# DIY Grooming on Oreo



## Oreo2018 (Dec 10, 2018)

I really like puppy with long coat, but Oreo likes outdoor a lot. Although I brush him and trim his face often, then I groomed him short this time to make him comfortable :laugh2: First time try, not ideal, but he still looks cute, to me:grin2:

Although I like scissor cut, unfortunately, Oreo kept moving, so I used clipper for his body. I also plucked his ear hair0.
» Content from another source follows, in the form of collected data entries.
-- ===== src/Students.antt =====
-- submission.go: the statistics that a student's record keeps of each target.
pub mod Sorting
pub mod Summary
pub mod History
mod Samples
use test.Base.{
  add64, ℕ, ◌+◌, Bool, true, false, ◌&&◌, ◌||◌, List, [], ◌∷◌, ◌++◌, Option, none, some, Str, codes,
  str_eq, ltb, ◌==◌, if◌then◌else◌,
}
use test.Submissions.{Submission, valid_result}

-- Go's float64.
pub record Floats : Type 1 where
  pub Float : Type 0
  pub zero : Float
  pub from_uint : ℕ → Float
  pub lt : Float → Float → Bool
  pub eq : Float → Float → Bool
  pub add : Float → Float → Float
  pub mul : Float → Float → Float
  pub div : Float → Float → Float

-- `a < b` on strings.
unfoldable pub str_lt : Str → Str → Bool
str_lt [] [] = false
str_lt [] (b ∷ t) = true
str_lt (a ∷ s) [] = false
str_lt (a ∷ s) (b ∷ t) = ltb a b || (a == b && str_lt s t)

module _ (floats : Floats) where
  open floats use {Float, zero, from_uint, lt, eq, add, mul, div}

  pub record TargetStats : Type 0 where
    pub target_name : Str
    pub target_version : ℕ
    pub target_type : Str
    pub max_score : ℕ
    pub total_submissions : ℕ
    pub total_complete : ℕ
    pub high_score : ℕ
    pub low_score : ℕ
    pub avg_score : Float
    pub best_perf : Float
    pub worst_perf : Float
    pub avg_perf : Float
    pub best_submission : Str

  pub record Student : Type 0 where
    pub total_submissions : ℕ
    pub stats : List TargetStats

  -- A submission with the fields that only the statistics read.
  pub record Finished : Type 0 where
    pub submission : Submission
    pub orig_id : Str
    pub performance : Float

  -- `Submission.TargetStats`
  unfoldable pub new_stats : Submission → TargetStats
  new_stats s = record {
    target_name = s.target_name;
    target_version = s.target_version;
    target_type = s.target_type;
    max_score = s.points_available;
    total_submissions = 0;
    total_complete = 0;
    high_score = 0;
    low_score = 0;
    avg_score = zero;
    best_perf = zero;
    worst_perf = zero;
    avg_perf = zero;
    best_submission = [];
  }

  unfoldable pub get_stat : Str → List TargetStats → Option TargetStats
  get_stat name [] = none
  get_stat name (t ∷ ts) = if str_eq t.target_name name then some t else get_stat name ts

  -- `sort.Sort(StatsByName(...))`, where no name stands twice.
  unfoldable pub insert_stat : TargetStats → List TargetStats → List TargetStats
  unfolding str_lt
  insert_stat t [] = t ∷ []
  insert_stat t (u ∷ us) =
      if str_lt u.target_name t.target_name then u ∷ insert_stat t us else t ∷ u ∷ us

  unfoldable pub sort_stats : List TargetStats → List TargetStats
  unfolding insert_stat
  sort_stats [] = []
  sort_stats (t ∷ ts) = insert_stat t (sort_stats ts)

  -- A change through the pointer to the entry for a target.
  unfoldable pub update_stat :
      Str → (TargetStats → TargetStats) → List TargetStats → List TargetStats
  update_stat name f [] = []
  update_stat name f (t ∷ ts) =
      if str_eq t.target_name name then f t ∷ ts else t ∷ update_stat name f ts

  -- The number of completed submissions before and after one more, as the average takes them.
  abbrev pub one_more : ℕ → ℕ
  one_more n = if add64 n 1 == 0 then 1 else add64 n 1

  abbrev pub total_before : ℕ → Float → Float
  total_before n average = if add64 n 1 == 0 then zero else mul (from_uint n) average

  unfoldable pub score_result : Finished → TargetStats → TargetStats
  unfolding add64
  score_result f t =
      let score = f.submission.score in
      record t {
        high_score = if ltb t.high_score score then score else t.high_score;
        best_submission = if ltb t.high_score score then f.submission.id else t.best_submission;
        low_score = if t.low_score == 0 || ltb score t.low_score then score else t.low_score;
        total_complete = one_more t.total_complete;
        avg_score =
            div (add (total_before t.total_complete t.avg_score) (from_uint score))
              (from_uint (one_more t.total_complete));
      }

  unfoldable pub perf_result : Finished → TargetStats → TargetStats
  unfolding add64
  perf_result f t =
      let better = lt f.performance t.best_perf || eq t.best_perf zero in
      record t {
        best_perf = if better then f.performance else t.best_perf;
        best_submission = if better then f.submission.id else t.best_submission;
        worst_perf = if lt t.worst_perf f.performance then f.performance else t.worst_perf;
        total_complete = one_more t.total_complete;
        avg_perf =
            div (add (total_before t.total_complete t.avg_perf) f.performance)
              (from_uint (one_more t.total_complete));
      }

  -- A new version of the target brings its maximum score with it.
  unfoldable pub count_submission : Submission → TargetStats → TargetStats
  unfolding add64
  count_submission s t =
      let newer = ltb t.target_version s.target_version in
      record t {
        total_submissions = add64 t.total_submissions 1;
        max_score = if newer then s.points_available else t.max_score;
        target_version = if newer then s.target_version else t.target_version;
      }

  unfoldable pub update_entry : Finished → TargetStats → TargetStats
  unfolding count_submission valid_result score_result perf_result
  update_entry f t =
      let u = count_submission f.submission t in
      if valid_result f.submission
      then (if str_eq u.target_type (codes "asst")
          then score_result f u
          else if str_eq u.target_type (codes "perf")
          then perf_result f u
          else u)
      else u

  abbrev pub with_entry : Submission → List TargetStats → Option TargetStats → List TargetStats
  with_entry s ts none = sort_stats (ts ++ new_stats s ∷ [])
  with_entry s ts (some t) = ts

  unfoldable pub update_stats : Finished → Student → Student
  unfolding get_stat sort_stats new_stats update_stat update_entry
  update_stats f student =
      let s = f.submission in
      record {
        total_submissions =
            if str_eq s.id f.orig_id
            then add64 student.total_submissions 1
            else student.total_submissions;
        stats =
            update_stat s.target_name (update_entry f)
              (with_entry s student.stats (get_stat s.target_name student.stats));
      }

  -- The submissions of a student, one after the other.
  unfoldable pub update_all : List Finished → Student → Student
  unfolding update_stats
  update_all [] student = student
  update_all (f ∷ fs) student = update_all fs (update_stats f student)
The last two photos are after.


----------



## Molly120213 (Jan 22, 2014)

It looks great for your first time! He is adorable.


----------



## EvaE1izabeth (Nov 14, 2017)

You did a great job! And now he can go roll around outside


----------



## PNWAlan (Oct 9, 2018)

Great job! 

I have the tools (various scissors, clippers, assorted combs for the clippers, etc) but have been afraid to attempt to use them. Well, we do trim Skye's face, paws, between his foot pads, belly, and sanitary. I tried to trim the end of his tail once and never could get it tapered to a nice point. Maybe one of these days I will work up the courage to try more. 

Again, Oreo looks super!


----------



## Oreo2018 (Dec 10, 2018)

PNWAlan said:


> Great job!
> 
> I have the tools (various scissors, clippers, assorted combs for the clippers, etc) but have been afraid to attempt to use them. Well, we do trim Skye's face, paws, between his foot pads, belly, and sanitary. I tried to trim the end of his tail once and never could get it tapered to a nice point. Maybe one of these days I will work up the courage to try more.
> 
> Again, Oreo looks super!


Thank you! I have the same feeling and concerns as you on your Skye after I read your post :smile2:


----------



## Oreo2018 (Dec 10, 2018)

Thank you! All, for your encouragement. I will keep practice :laugh2:


----------



## mudpuppymama (Mar 24, 2012)

PNWAlan said:


> Great job!
> 
> I have the tools (various scissors, clippers, assorted combs for the clippers, etc) but have been afraid to attempt to use them. Well, we do trim Skye's face, paws, between his foot pads, belly, and sanitary. I tried to trim the end of his tail once and never could get it tapered to a nice point. Maybe one of these days I will work up the courage to try more.
> 
> Again, Oreo looks super!


Wow you are doing all the hard parts! I bet you could handle the rest!


----------



## Oreo2018 (Dec 10, 2018)

mudpuppymama said:


> Wow you are doing all the hard parts! I bet you could handle the rest!


I agree:wink2:


----------



## HavaneseFloof (Jan 1, 2019)

WOW! He looks GREAT! Good job


----------



## Sam I Am (Aug 26, 2018)

We are waiting for a call to pick Abby up from her first grooming (9 months). If she looks like a bichon, not that I don’t like bichons) I may be going with the DIY in the future. She just started to lose puppy coat, there was a bit more in the slicker every day, but she had a ton of hair for 9 months, almost to the floor. I had trimmed & clipped her legs because of getting matted going out in the snow all winter, But you could barely tell with the rest of her hair coming down over them. I told the groomer it was more important to us for her to have a positive experience, than the outcome of the trim. We’ll soon see. 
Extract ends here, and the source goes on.